Each line from the one with "record_print_job_event-Numbered input s" to the final line of the data must be reproduced exactly, and no other line may appear.

:::::

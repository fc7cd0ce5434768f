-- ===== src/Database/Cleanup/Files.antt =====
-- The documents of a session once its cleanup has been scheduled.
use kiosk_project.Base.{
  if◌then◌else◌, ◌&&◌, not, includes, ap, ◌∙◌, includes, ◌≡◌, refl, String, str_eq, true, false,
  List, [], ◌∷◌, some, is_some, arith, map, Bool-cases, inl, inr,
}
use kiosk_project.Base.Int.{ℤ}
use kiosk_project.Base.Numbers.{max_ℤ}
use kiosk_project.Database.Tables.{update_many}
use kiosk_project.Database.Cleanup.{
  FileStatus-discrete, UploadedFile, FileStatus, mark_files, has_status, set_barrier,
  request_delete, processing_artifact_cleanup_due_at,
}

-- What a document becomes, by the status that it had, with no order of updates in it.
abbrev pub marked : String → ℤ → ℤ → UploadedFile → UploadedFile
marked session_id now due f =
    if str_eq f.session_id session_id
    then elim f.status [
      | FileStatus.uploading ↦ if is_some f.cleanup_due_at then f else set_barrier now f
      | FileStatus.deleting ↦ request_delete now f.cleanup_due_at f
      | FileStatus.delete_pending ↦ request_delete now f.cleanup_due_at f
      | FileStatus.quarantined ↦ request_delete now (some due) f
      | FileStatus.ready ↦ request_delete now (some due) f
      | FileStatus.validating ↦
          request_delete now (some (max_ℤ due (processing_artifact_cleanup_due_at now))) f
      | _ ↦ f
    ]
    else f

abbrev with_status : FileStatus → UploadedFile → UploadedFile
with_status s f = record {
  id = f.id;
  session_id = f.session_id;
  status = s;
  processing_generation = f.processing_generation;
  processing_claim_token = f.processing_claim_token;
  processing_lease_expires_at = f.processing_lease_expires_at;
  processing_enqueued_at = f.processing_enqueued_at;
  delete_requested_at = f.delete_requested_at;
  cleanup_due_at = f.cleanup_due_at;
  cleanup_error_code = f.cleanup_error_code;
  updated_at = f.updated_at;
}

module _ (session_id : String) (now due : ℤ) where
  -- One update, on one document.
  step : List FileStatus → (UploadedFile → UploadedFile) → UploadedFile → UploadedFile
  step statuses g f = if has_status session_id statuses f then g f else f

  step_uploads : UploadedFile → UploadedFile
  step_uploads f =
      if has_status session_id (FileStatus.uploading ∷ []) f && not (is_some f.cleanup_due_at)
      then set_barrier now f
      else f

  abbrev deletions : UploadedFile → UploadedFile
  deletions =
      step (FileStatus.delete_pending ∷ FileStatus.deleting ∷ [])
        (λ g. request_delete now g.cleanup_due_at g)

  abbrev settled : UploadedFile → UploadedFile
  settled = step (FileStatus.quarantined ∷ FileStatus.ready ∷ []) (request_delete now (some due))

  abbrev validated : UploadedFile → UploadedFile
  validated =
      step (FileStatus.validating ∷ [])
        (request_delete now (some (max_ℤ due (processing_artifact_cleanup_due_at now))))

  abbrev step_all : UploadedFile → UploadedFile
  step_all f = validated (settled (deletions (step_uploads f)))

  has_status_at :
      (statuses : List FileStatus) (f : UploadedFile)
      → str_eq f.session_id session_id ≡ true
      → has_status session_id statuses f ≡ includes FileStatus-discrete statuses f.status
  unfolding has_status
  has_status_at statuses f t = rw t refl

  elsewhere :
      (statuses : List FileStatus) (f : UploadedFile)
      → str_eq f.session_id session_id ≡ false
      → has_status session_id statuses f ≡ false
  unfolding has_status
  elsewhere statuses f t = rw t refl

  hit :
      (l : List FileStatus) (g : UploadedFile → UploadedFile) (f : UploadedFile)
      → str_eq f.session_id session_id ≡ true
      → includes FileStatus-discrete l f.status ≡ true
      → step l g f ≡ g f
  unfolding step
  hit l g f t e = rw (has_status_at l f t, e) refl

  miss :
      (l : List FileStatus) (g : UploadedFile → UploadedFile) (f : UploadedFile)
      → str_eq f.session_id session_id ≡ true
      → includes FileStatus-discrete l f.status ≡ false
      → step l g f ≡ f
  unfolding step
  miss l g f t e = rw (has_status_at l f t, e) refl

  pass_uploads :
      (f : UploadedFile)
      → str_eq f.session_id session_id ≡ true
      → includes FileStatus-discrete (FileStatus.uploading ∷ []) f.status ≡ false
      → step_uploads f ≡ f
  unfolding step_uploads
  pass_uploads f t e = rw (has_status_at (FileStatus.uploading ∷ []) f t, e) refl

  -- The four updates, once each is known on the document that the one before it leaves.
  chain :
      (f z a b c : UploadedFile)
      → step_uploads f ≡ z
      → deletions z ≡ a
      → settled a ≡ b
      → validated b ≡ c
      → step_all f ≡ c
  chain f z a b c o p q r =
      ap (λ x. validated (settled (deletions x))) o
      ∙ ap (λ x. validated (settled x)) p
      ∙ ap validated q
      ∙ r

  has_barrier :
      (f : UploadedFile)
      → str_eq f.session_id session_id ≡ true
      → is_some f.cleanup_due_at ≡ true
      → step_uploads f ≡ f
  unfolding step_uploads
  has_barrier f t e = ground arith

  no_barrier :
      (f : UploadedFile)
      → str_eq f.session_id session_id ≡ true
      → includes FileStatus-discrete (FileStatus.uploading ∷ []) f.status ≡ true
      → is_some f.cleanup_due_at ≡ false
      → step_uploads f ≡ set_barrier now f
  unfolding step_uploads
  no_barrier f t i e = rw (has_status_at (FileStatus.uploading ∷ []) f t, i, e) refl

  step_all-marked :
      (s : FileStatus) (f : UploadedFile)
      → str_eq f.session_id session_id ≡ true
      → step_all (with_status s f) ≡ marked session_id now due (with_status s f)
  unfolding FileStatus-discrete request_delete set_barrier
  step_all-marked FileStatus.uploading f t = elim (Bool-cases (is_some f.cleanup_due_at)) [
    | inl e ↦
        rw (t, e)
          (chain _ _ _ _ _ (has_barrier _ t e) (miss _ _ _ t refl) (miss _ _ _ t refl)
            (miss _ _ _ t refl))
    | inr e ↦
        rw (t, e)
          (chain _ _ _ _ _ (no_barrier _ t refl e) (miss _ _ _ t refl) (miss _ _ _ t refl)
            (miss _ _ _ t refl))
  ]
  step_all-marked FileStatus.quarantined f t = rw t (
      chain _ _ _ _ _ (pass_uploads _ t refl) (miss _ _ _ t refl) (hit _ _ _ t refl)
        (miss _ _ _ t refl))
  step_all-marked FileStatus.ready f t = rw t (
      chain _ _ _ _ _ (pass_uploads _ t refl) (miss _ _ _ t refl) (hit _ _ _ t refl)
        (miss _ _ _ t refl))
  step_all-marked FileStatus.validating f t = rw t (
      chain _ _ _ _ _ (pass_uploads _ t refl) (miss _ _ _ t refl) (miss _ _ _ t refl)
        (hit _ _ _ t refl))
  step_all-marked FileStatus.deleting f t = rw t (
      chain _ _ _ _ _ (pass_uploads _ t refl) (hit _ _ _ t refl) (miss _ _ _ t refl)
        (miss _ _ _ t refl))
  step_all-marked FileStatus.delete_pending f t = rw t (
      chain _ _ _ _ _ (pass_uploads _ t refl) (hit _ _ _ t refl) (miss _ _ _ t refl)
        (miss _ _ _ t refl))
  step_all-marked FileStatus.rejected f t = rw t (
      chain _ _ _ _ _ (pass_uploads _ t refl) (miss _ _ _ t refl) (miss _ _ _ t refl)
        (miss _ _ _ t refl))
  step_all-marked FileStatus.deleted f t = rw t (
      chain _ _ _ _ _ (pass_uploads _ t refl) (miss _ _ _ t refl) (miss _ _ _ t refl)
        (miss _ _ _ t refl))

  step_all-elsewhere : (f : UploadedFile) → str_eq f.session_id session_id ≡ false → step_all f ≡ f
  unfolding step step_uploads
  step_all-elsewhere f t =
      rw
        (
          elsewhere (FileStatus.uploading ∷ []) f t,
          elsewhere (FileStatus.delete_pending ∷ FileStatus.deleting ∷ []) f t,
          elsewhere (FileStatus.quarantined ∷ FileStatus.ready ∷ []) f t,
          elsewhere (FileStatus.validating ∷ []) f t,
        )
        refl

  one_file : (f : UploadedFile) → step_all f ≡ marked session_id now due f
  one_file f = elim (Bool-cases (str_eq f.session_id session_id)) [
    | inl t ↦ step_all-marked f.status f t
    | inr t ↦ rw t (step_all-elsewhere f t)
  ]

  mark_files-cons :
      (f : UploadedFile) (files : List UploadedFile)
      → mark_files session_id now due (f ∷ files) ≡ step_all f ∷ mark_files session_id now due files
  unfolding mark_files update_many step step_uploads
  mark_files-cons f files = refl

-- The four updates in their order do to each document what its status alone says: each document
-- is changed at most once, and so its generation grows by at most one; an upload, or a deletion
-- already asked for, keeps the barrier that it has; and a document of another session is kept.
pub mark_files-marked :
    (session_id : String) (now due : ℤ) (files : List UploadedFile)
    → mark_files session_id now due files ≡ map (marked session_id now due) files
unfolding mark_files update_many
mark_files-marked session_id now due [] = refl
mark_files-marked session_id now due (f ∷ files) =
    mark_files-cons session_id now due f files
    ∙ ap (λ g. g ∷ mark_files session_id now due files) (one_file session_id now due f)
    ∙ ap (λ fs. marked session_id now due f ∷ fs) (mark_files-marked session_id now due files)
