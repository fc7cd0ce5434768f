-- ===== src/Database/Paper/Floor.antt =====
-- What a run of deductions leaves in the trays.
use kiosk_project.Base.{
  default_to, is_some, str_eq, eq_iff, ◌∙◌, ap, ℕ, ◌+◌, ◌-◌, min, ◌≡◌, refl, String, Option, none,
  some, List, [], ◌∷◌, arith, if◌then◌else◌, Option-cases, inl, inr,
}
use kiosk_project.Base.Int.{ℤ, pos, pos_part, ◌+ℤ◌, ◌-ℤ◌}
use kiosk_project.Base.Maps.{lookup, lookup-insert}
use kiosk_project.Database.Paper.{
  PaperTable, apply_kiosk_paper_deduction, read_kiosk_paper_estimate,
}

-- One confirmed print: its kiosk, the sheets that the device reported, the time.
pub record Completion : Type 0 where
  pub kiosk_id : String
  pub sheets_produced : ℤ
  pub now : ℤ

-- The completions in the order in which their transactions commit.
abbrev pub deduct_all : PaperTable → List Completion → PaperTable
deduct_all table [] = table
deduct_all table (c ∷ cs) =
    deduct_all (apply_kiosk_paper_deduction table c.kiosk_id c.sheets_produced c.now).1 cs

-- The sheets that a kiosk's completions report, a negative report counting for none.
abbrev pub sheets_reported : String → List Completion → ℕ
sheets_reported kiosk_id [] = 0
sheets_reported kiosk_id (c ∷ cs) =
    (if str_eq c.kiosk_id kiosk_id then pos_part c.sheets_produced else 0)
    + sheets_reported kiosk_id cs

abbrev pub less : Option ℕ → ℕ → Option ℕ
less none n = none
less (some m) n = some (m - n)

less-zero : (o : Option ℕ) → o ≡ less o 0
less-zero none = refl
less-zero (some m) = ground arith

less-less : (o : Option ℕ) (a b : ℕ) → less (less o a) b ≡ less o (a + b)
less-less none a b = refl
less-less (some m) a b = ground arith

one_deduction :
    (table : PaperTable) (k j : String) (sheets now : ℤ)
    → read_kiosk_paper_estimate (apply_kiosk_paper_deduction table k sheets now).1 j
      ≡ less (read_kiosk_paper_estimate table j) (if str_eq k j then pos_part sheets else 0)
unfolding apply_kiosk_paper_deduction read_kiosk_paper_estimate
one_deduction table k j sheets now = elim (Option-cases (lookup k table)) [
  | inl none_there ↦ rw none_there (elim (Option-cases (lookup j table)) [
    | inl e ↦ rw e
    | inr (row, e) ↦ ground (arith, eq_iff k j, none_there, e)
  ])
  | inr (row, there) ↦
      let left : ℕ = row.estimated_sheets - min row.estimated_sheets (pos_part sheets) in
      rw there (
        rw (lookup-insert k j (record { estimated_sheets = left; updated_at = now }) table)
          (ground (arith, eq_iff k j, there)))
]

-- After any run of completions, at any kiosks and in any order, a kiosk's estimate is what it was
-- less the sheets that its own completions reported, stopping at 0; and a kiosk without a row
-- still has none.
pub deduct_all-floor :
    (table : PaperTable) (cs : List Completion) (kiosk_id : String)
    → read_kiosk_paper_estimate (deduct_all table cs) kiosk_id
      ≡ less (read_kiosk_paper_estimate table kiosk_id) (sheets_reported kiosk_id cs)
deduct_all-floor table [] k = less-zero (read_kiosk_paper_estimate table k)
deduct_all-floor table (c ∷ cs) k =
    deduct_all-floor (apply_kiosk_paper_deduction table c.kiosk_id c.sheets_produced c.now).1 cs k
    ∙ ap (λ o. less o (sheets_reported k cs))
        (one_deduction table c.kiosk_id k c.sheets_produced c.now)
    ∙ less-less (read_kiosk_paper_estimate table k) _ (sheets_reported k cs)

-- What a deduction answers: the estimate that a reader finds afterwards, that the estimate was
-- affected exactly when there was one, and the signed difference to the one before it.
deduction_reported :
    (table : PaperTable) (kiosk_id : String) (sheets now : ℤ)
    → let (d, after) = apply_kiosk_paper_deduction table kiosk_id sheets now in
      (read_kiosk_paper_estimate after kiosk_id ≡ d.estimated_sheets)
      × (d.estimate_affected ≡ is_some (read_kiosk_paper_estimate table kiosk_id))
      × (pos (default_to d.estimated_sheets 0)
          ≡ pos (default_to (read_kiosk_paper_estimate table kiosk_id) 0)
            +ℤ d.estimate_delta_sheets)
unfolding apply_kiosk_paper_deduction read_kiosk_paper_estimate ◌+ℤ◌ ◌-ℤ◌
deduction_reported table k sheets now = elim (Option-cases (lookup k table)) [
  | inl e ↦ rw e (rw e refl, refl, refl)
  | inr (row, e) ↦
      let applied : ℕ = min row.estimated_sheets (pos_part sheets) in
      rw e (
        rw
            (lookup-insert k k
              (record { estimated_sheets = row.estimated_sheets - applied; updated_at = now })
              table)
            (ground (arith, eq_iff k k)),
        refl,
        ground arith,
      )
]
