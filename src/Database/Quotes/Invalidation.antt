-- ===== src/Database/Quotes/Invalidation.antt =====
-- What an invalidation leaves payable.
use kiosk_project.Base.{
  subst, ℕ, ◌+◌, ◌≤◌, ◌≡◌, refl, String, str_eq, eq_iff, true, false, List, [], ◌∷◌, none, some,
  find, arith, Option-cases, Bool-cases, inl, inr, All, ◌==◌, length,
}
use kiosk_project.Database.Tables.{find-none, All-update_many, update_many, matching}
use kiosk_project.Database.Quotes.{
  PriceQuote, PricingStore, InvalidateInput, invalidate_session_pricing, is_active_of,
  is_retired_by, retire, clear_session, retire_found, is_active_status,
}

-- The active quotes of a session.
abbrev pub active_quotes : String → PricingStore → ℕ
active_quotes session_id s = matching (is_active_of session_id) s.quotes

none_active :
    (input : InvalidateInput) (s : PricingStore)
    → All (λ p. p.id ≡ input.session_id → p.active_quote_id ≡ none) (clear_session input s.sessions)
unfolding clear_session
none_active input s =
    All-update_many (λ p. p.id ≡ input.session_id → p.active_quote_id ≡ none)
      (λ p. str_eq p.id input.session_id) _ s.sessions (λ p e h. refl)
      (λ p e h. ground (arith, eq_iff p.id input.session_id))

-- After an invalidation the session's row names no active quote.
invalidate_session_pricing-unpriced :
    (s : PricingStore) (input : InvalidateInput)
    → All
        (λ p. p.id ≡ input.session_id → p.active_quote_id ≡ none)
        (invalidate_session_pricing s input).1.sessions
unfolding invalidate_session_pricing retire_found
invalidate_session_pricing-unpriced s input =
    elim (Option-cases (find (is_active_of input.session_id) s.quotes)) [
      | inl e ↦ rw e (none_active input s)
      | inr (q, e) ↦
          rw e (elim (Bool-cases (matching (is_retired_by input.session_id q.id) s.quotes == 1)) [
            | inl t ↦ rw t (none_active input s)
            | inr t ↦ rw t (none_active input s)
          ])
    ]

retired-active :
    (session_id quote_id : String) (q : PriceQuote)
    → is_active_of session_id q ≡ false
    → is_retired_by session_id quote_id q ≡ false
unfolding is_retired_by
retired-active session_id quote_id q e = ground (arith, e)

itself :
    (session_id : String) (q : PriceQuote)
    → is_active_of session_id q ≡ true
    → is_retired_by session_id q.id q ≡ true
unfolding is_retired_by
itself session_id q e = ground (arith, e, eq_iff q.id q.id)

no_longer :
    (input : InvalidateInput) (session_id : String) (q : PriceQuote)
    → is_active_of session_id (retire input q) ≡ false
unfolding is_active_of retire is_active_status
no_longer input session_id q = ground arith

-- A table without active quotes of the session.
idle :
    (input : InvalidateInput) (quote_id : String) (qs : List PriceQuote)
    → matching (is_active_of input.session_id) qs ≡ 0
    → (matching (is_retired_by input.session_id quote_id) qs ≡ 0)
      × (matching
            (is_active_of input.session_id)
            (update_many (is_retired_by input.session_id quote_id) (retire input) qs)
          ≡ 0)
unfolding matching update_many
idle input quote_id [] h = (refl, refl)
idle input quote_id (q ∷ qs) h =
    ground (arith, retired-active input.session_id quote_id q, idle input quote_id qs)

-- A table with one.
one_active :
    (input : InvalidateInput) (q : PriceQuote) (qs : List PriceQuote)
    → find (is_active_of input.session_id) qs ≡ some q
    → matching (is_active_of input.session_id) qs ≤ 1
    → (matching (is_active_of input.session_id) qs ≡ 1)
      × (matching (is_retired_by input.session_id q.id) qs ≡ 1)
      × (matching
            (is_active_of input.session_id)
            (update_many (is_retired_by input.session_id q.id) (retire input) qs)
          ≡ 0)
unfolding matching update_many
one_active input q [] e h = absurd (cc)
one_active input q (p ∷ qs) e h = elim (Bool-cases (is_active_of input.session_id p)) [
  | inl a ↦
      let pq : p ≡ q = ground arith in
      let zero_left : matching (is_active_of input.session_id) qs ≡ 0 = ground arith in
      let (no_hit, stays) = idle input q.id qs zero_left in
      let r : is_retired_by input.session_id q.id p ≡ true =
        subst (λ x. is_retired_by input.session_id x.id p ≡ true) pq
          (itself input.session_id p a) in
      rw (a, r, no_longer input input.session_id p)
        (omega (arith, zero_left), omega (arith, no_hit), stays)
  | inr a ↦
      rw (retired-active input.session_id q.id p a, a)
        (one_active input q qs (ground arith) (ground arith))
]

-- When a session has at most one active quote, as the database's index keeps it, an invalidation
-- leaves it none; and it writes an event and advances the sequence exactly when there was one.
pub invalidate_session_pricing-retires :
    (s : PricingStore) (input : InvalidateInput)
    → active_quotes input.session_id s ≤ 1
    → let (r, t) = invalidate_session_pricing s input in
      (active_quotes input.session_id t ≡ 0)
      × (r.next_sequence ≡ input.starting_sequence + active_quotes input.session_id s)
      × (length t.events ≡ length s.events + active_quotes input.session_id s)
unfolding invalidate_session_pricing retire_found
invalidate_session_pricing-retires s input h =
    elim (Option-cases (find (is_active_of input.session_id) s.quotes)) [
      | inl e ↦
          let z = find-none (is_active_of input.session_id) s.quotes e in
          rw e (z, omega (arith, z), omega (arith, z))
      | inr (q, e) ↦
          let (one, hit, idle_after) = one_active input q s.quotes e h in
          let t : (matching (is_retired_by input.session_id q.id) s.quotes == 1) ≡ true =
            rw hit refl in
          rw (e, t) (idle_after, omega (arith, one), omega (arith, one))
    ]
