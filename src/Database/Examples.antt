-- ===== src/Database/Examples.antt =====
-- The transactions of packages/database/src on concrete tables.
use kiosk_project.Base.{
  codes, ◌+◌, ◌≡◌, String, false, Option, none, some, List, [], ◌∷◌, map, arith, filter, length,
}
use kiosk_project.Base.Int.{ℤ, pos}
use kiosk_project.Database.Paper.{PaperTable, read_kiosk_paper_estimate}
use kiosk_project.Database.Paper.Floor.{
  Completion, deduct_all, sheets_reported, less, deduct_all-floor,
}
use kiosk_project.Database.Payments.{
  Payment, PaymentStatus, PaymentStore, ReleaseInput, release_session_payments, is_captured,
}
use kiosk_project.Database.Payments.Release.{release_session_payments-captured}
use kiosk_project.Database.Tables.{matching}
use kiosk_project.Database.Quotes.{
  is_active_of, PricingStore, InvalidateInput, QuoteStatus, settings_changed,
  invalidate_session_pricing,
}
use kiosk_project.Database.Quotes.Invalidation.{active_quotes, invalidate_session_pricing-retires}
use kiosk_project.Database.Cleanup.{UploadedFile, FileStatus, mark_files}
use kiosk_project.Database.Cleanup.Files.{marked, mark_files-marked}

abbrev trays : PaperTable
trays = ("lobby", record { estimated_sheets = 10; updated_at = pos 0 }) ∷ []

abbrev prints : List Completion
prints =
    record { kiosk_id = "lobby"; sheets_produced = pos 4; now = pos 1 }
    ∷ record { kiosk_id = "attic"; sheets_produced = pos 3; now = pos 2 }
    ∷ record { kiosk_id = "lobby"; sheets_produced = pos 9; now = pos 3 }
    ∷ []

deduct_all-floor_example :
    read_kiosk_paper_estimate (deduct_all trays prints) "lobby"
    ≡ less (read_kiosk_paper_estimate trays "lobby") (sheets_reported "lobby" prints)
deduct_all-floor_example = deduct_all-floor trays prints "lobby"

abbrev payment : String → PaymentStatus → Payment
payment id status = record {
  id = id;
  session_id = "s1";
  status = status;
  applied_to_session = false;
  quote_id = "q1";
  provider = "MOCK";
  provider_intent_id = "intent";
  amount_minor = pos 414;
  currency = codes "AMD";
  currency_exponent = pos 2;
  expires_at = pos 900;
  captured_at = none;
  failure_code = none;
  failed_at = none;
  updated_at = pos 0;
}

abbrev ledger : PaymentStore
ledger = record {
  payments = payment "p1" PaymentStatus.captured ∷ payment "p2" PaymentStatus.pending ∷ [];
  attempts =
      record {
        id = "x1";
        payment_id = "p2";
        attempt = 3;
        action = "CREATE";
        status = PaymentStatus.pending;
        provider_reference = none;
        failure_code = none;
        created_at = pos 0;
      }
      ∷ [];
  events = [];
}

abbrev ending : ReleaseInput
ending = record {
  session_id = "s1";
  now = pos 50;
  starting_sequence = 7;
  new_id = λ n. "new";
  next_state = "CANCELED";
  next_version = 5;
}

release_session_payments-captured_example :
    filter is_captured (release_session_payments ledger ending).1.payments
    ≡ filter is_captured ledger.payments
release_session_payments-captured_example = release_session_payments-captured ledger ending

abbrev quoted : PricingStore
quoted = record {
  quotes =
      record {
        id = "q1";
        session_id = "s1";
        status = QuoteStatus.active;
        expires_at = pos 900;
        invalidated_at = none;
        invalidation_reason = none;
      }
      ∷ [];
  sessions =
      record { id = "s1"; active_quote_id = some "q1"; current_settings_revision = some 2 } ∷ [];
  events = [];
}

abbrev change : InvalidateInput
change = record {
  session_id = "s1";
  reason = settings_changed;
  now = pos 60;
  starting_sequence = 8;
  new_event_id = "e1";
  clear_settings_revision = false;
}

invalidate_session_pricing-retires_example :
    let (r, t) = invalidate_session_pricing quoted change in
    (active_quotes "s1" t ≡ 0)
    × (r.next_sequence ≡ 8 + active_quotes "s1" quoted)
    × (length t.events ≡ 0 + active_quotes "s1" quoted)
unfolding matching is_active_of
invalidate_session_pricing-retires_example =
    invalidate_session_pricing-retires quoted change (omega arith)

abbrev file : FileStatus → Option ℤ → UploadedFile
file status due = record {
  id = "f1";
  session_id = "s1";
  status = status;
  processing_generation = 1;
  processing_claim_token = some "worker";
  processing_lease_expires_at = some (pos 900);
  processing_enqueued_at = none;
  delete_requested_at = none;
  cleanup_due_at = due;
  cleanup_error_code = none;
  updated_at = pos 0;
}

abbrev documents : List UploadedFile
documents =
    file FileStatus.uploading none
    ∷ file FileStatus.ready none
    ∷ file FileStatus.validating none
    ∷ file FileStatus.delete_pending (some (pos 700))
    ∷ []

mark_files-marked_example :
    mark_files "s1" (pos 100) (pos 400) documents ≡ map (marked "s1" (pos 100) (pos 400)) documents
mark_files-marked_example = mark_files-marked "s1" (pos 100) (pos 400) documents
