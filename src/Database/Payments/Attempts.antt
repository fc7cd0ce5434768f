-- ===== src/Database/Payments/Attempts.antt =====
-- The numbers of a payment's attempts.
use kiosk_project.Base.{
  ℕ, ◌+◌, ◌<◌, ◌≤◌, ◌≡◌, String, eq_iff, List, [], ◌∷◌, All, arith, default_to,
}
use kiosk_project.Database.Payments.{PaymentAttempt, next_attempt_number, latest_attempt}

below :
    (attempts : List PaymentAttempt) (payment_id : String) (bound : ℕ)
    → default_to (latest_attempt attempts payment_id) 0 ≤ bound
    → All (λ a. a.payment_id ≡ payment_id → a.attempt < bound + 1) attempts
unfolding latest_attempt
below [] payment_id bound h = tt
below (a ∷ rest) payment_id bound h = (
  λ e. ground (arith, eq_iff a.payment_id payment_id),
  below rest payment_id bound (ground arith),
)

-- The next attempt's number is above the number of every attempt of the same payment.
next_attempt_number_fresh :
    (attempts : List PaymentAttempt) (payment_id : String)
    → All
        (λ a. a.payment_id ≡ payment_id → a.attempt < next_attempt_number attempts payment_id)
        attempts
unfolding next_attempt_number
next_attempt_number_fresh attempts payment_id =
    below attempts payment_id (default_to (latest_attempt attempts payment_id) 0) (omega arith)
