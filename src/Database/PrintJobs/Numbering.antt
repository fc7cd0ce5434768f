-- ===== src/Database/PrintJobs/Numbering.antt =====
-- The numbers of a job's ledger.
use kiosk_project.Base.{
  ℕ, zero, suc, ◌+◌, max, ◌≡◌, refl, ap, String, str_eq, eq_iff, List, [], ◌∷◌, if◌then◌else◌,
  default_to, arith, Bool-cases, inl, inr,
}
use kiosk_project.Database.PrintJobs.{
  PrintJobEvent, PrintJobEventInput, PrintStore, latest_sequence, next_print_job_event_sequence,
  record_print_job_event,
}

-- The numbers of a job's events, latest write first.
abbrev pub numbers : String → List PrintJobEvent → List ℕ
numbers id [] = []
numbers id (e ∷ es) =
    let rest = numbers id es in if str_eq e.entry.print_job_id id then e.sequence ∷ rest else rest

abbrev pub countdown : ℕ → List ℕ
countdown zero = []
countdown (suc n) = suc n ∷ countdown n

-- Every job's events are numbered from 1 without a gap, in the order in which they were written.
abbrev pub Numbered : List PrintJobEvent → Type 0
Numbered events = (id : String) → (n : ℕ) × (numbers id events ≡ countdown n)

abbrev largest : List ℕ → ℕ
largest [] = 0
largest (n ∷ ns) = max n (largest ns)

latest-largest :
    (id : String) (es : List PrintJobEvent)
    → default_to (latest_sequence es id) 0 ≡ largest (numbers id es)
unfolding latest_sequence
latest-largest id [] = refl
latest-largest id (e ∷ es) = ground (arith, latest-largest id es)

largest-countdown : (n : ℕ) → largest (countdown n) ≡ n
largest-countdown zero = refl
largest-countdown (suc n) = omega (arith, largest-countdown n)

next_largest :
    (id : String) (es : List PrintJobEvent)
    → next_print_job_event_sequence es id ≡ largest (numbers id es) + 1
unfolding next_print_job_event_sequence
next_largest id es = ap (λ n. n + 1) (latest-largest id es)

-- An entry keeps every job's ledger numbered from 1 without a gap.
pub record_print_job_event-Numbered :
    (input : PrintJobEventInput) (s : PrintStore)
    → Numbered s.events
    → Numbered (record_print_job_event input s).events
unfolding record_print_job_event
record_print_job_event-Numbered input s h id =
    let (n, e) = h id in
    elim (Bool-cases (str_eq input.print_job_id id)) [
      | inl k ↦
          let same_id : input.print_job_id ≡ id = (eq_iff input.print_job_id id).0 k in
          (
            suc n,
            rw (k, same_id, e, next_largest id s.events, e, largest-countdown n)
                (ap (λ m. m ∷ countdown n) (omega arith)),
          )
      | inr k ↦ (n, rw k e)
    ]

:::::

== Exercise response ==
record_print_job_event-Numbered input s h id =
    let (n, e) = h id in
    elim (Bool-cases (str_eq input.print_job_id id)) [
      | inl k ↦
          let same_id : input.print_job_id ≡ id = (eq_iff input.print_job_id id).0 k in
          (
            suc n,
            rw (k, same_id, e, next_largest id s.events, e, largest-countdown n)
                (ap (λ m. m ∷ countdown n) (omega arith)),
          )
      | inr k ↦ (n, rw k e)
    ]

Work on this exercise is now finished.